Russell’s contributions to metaphysics and epistemology were also unified by his views concerning
the centrality of both scientific knowledge in general and the importance of there being an
underlying scientific methodology that in large part is common to both philosophy and scientific
disciplines. In the case of philosophy, this methodology expressed itself through Russell’s use
of logical analysis. In fact, Russell often claimed that he had more confidence in his methodology
than in any particular philosophical conclusion.
This broad conception of philosophy arose in part from Russell’s idealist origins (see, e.g.,
Griffin 1991 and Hylton 1990a). This is so, even though Russell tells us that his one, true
revolution in philosophy came about as a result of his break from idealism. Russell saw that
the idealist doctrine of internal relations led to a series of contradictions regarding asymmetrical
(and other) relations necessary for mathematics. Thus, in 1898, he abandoned the idealism that
he had encountered as a student at Cambridge, together with his Kantian methodology, in
favour of a pluralistic realism. As a result, he soon became famous as an advocate of the “new
realism” and for his “new philosophy of logic,” emphasizing as he did the importance of
modern logic for philosophical analysis. The underlying themes of this “revolution” included
his belief in pluralism, his emphasis upon anti-psychologism, and his belief in the importance
of science. Each of these themes remained central to Russell’s philosophy for the remainder
of his life (see, e.g., Hager 1994 and Weitz 1944).
2.4 Russell’s Theory of Definite Descriptions
Russell’s philosophical methodology required the making and testing of hypotheses through
the weighing of evidence.

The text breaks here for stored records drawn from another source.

-- ===== src/Permissions/Invariant.antt =====
-- The two collections of the coordinator stay in step: `requestIds` holds the request keys of the
-- pending permissions, in their order and each once.
use tea_desktop.Base.{
  Bool, true, false, ◌≡◌, refl, sym, ap, ◌∙◌, subst, ◌⊎◌, inl, inr, List, [], ◌∷◌, ◌++◌, none, some,
  Result, ok, err, arith, Bool-cases, Option-cases, Result-cases, map,
}
use tea_desktop.Base.Map
use tea_desktop.Base.Map.{IsMap}
use tea_desktop.Base.Text.{Text, is_empty, trim, text_eq, text_eq_refl, text_eq_iff}
use tea_desktop.Base.TextSet
use tea_desktop.Base.TextSet.{Unique}
use tea_desktop.Conversation.{ApprovalDecision, ConversationEventKind, approval_requested}
use tea_desktop.Permissions.Presentation.{
  approval_id_taken, already_pending, PermissionError, unknown_approval, AcpPermissionRequest,
  AcpPermissionResponse, cancelled, PermissionPresentation, permission_presentation,
  project_permission_request,
}
use tea_desktop.Permissions.Coordinator.{
  Coordinator, PendingPermission, permission_request_key, register, request, response_to,
  resolve_entry, resolve, cancel_from, cancel_all,
}
use tea_desktop.Permissions.Answers.{entry_for, registered}

abbrev pub keys : List (Text × PendingPermission) → List Text
keys = map (λ e. e.1.request_key)

pub record IsConsistent (c : Coordinator) : Type 0 where
  pub same : c.request_ids ≡ keys c.pending
  pub unique : Unique (keys c.pending)
  pub is_map : IsMap c.pending

keys-set_new :
    (id : Text) (v : PendingPermission) (m : List (Text × PendingPermission))
    → Map.get id m ≡ none
    → keys (Map.set id v m) ≡ keys m ++ (v.request_key ∷ [])
unfolding Map.get Map.set
keys-set_new id v [] h = refl
keys-set_new id v ((j, w) ∷ m) h = ground (arith, keys-set_new id v m)

contains-keys :
    (id : Text) (v : PendingPermission) (m : List (Text × PendingPermission))
    → Map.get id m ≡ some v
    → TextSet.contains v.request_key (keys m) ≡ true
unfolding Map.get TextSet.contains
contains-keys id v [] h = cc
contains-keys id v ((j, w) ∷ m) h = ground (arith, contains-keys id v m, text_eq_refl v.request_key)

keys-delete :
    (id : Text) (v : PendingPermission) (m : List (Text × PendingPermission))
    → IsMap m
    → Unique (keys m)
    → Map.get id m ≡ some v
    → keys (Map.delete id m) ≡ TextSet.remove v.request_key (keys m)
unfolding Map.get Map.delete TextSet.remove
keys-delete id v [] i u h = cc
keys-delete id v ((j, w) ∷ m) i u h = ground (
  arith,
  keys-delete id v m i.1 u.1,
  Map.delete_absent id m,
  text_eq_iff j id,
  contains-keys id v m,
  text_eq_iff w.request_key v.request_key,
  TextSet.remove_absent v.request_key (keys m),
  text_eq_refl v.request_key,
)

registered-IsConsistent :
    (c : Coordinator) (conversation_id : Text) (input : AcpPermissionRequest) (approval_id : Text)
    (p : PermissionPresentation)
    → IsConsistent c
    → TextSet.contains (permission_request_key input) c.request_ids ≡ false
    → Map.get approval_id c.pending ≡ none
    → IsConsistent (registered c conversation_id input approval_id p)
registered-IsConsistent c conv input id p v fresh new =
    let entry = entry_for conv input p in
    let key = permission_request_key input in
    let unused : TextSet.contains key (keys c.pending) ≡ false = rw v.same at fresh in
    record {
      same =
          rw (TextSet.add_new key c.request_ids fresh, keys-set_new id entry c.pending new)
            (ap (λ (l : List Text). l ++ (key ∷ [])) v.same);
      unique =
          subst Unique (sym (keys-set_new id entry c.pending new))
            (TextSet.Unique-snoc (keys c.pending) key v.unique unused);
      is_map = Map.set-IsMap id entry c.pending v.is_map;
    }

removed-IsConsistent :
    (c : Coordinator) (id : Text) (entry : PendingPermission)
    → IsConsistent c
    → Map.get id c.pending ≡ some entry
    → IsConsistent (record c {
      pending = Map.delete id c.pending;
      request_ids = TextSet.remove entry.request_key c.request_ids;
    })
removed-IsConsistent c id entry v h =
    let e = keys-delete id entry c.pending v.is_map v.unique h in
    record {
      same = ap (TextSet.remove entry.request_key) v.same ∙ sym e;
      unique = subst Unique (sym e) (TextSet.Unique-remove entry.request_key _ v.unique);
      is_map = Map.delete-IsMap id c.pending v.is_map;
    }

-- A method's outcome for a request: refused, with the coordinator as it was, or registered under a
-- fresh key and a fresh id.
abbrev pub Outcome :
    Coordinator
    → Text
    → AcpPermissionRequest
    → Text
    → Coordinator × Result PermissionError ConversationEventKind
    → Type 0
Outcome c conv input id r =
    ((r.0 ≡ c) × (x : PermissionError) × (r.1 ≡ err x))
    ⊎ ((p : PermissionPresentation) × (TextSet.contains (permission_request_key input) c.request_ids
          ≡ false)
        × (Map.get id c.pending ≡ none)
        × (r.0 ≡ registered c conv input id p)
        × (r.1 ≡ ok (approval_requested id p.tool_call_id p.capabilities p.resources p.decisions)))

register_cases :
    (is_absolute : Text → Bool) (c : Coordinator) (conv : Text) (input : AcpPermissionRequest)
    (id : Text) (p : PermissionPresentation)
    → permission_presentation is_absolute input ≡ ok p
    → Outcome c conv input id (register is_absolute c conv input id p)
unfolding register project_permission_request
register_cases abs c conv input id p e =
    elim (Bool-cases (TextSet.contains (permission_request_key input) c.request_ids)) [
      | inl busy ↦ rw (busy, register) (inl (refl, already_pending, refl))
      | inr free ↦ elim (Bool-cases (is_empty (trim id))) [
        | inl blank ↦ rw (free, blank, register) (inl (refl, approval_id_taken, refl))
        | inr full ↦ elim (Option-cases (Map.get id c.pending)) [
          | inr (v, old) ↦ rw (free, full, old, register) (inl (refl, approval_id_taken, refl))
          | inl new ↦ inr (p, free, new, ground arith, ground arith)
        ]
      ]
    ]

request_cases :
    (is_absolute : Text → Bool) (c : Coordinator) (conv : Text) (input : AcpPermissionRequest)
    (id : Text)
    → Outcome c conv input id (request is_absolute c conv input id)
unfolding request
request_cases abs c conv input id = elim (Result-cases (permission_presentation abs input)) [
  | inr (x, e) ↦ rw (e, request) (inl (refl, x, refl))
  | inl (p, e) ↦ rw (e, request) (register_cases abs c conv input id p e)
]

resolve_entry_cases :
    (c : Coordinator) (conv id : Text) (d : ApprovalDecision) (entry : PendingPermission)
    → Map.get id c.pending ≡ some entry
    → IsConsistent c
    → IsConsistent (resolve_entry c conv id d entry).0
unfolding resolve_entry
resolve_entry_cases c conv id d entry h v = elim (Bool-cases (text_eq entry.conversation_id conv)) [
  | inr other ↦ rw other v
  | inl own ↦ elim (Result-cases (response_to entry.option_ids d)) [
    | inr (x, e) ↦ rw (own, e) v
    | inl (r, e) ↦ rw (own, e) (removed-IsConsistent c id entry v h)
  ]
]

-- `cancelAll` over the entries of a consistent coordinator empties it.
cancel_from_all :
    (c : Coordinator) (m : List (Text × PendingPermission))
    → c.pending ≡ m
    → c.request_ids ≡ keys m
    → IsMap m
    → Unique (keys m)
    → cancel_from c m ≡ (record { pending = []; request_ids = [] }, map (λ e. (e.0, cancelled)) m)
unfolding cancel_from
cancel_from_all c [] e k i u = ground arith
cancel_from_all c ((id, entry) ∷ m) e k i u =
    let next : Coordinator = record c {
      pending = Map.delete id c.pending;
      request_ids = TextSet.remove entry.request_key c.request_ids;
    } in
    let left : Map.delete id c.pending ≡ m =
      ap (Map.delete id) e ∙ Map.delete-cons_self id entry m ∙ Map.delete_absent id m i.0 in
    let ids : TextSet.remove entry.request_key c.request_ids ≡ keys m =
      ap (TextSet.remove entry.request_key) k
      ∙ TextSet.remove-cons_self entry.request_key (keys m)
      ∙ TextSet.remove_absent entry.request_key (keys m) u.0 in
    let rest = cancel_from_all next m left ids i.1 u.1 in ground (arith, rest)

-- The coordinator's two collections stay in step under every method: a request, accepted or not,
-- an answer, accepted or not, and the cancellation of all.
pub methods-IsConsistent :
    (is_absolute : Text → Bool) (c : Coordinator) (conversation_id : Text)
    (input : AcpPermissionRequest) (approval_id : Text) (d : ApprovalDecision)
    → IsConsistent c
    → IsConsistent (request is_absolute c conversation_id input approval_id).0
      × IsConsistent (resolve c conversation_id approval_id d).0
      × IsConsistent (cancel_all c).0
unfolding resolve cancel_all
methods-IsConsistent abs c conv input id d v = (
  elim (request_cases abs c conv input id) [
    | inl (same, _, _) ↦ subst IsConsistent (sym same) v
    | inr (p, fresh, new, e, _) ↦
        subst IsConsistent (sym e) (registered-IsConsistent c conv input id p v fresh new)
  ],
  elim (Option-cases (Map.get id c.pending)) [
    | inl e ↦ rw (e, resolve) v
    | inr (entry, e) ↦ rw (e, resolve) (resolve_entry_cases c conv id d entry e v)
  ],
  rw (cancel_from_all c c.pending refl v.same v.is_map v.unique)
      (record { same = refl; unique = tt; is_map = tt }),
)

-- A request that is refused changes nothing: not a key and not a pending permission is left behind,
-- whichever check it failed at.
pub refused_request_unchanged :
    (is_absolute : Text → Bool) (c : Coordinator) (conversation_id : Text)
    (input : AcpPermissionRequest) (approval_id : Text) (x : PermissionError)
    → (request is_absolute c conversation_id input approval_id).1 ≡ err x
    → (request is_absolute c conversation_id input approval_id).0 ≡ c
refused_request_unchanged abs c conv input id x h = elim (request_cases abs c conv input id) [
  | inl (same, _, _) ↦ same
  | inr (p, _, _, _, event) ↦ cc
]

-- `cancelAll` resolves each pending permission once, as cancelled, in the order of their requests,
-- and leaves none; the request ids are free again.
pub cancel_all_lem :
    (c : Coordinator)
    → IsConsistent c
    → cancel_all c
      ≡ (record { pending = []; request_ids = [] }, map (λ e. (e.0, cancelled)) c.pending)
unfolding cancel_all
cancel_all_lem c v = cancel_from_all c c.pending refl v.same v.is_map v.unique

-- The coordinator without an entry.
abbrev pub without : Coordinator → Text → PendingPermission → Coordinator
without c id entry = record c {
  pending = Map.delete id c.pending;
  request_ids = TextSet.remove entry.request_key c.request_ids;
}

resolve_accepted :
    (c : Coordinator) (conv id : Text) (d : ApprovalDecision) (entry : PendingPermission)
    (r : AcpPermissionResponse)
    → Map.get id c.pending ≡ some entry
    → (resolve c conv id d).1 ≡ ok r
    → (resolve c conv id d).0 ≡ without c id entry
unfolding resolve resolve_entry
resolve_accepted c conv id d entry r h k = ground arith

resolve_unknown :
    (c : Coordinator) (conv id : Text) (d : ApprovalDecision)
    → Map.get id c.pending ≡ none
    → resolve c conv id d ≡ (c, err unknown_approval)
unfolding resolve
resolve_unknown c conv id d h = rw (h, resolve)

-- An approval is answered once: after an answer is accepted, the same approval id is unknown,
-- to every conversation and decision, and the key of its request is free for a new one.
pub resolve_once :
    (c : Coordinator) (conversation_id other approval_id : Text) (d e : ApprovalDecision)
    (entry : PendingPermission) (response : AcpPermissionResponse)
    → Map.get approval_id c.pending ≡ some entry
    → (resolve c conversation_id approval_id d).1 ≡ ok response
    → let c' = (resolve c conversation_id approval_id d).0 in
      (resolve c' other approval_id e ≡ (c', err unknown_approval))
      × (TextSet.contains entry.request_key c'.request_ids ≡ false)
resolve_once c conv other id d e entry r h k =
    let c' = (resolve c conv id d).0 in
    let q : c' ≡ without c id entry = resolve_accepted c conv id d entry r h k in
    (
      resolve_unknown c' other id e
          (ap (λ (x : Coordinator). Map.get id x.pending) q ∙ Map.get-delete_self id c.pending),
      ap (λ (x : Coordinator). TextSet.contains entry.request_key x.request_ids) q
          ∙ TextSet.contains-remove_self entry.request_key c.request_ids,
    )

Hence Russell’s comment that he wished to emphasize the “scientific
method” in philosophy (see, e.g., Irvine 1989). It also required the rigorous analysis of problematic
propositions using the machinery of first-order logic. It was Russell’s belief that by using the
new logic of his day, philosophers would be able to exhibit the underlying “logical form” of
natural-language statements. A statement’s logical form, in turn, would help philosophers
resolve problems of reference associated with the ambiguity and vagueness of natural language.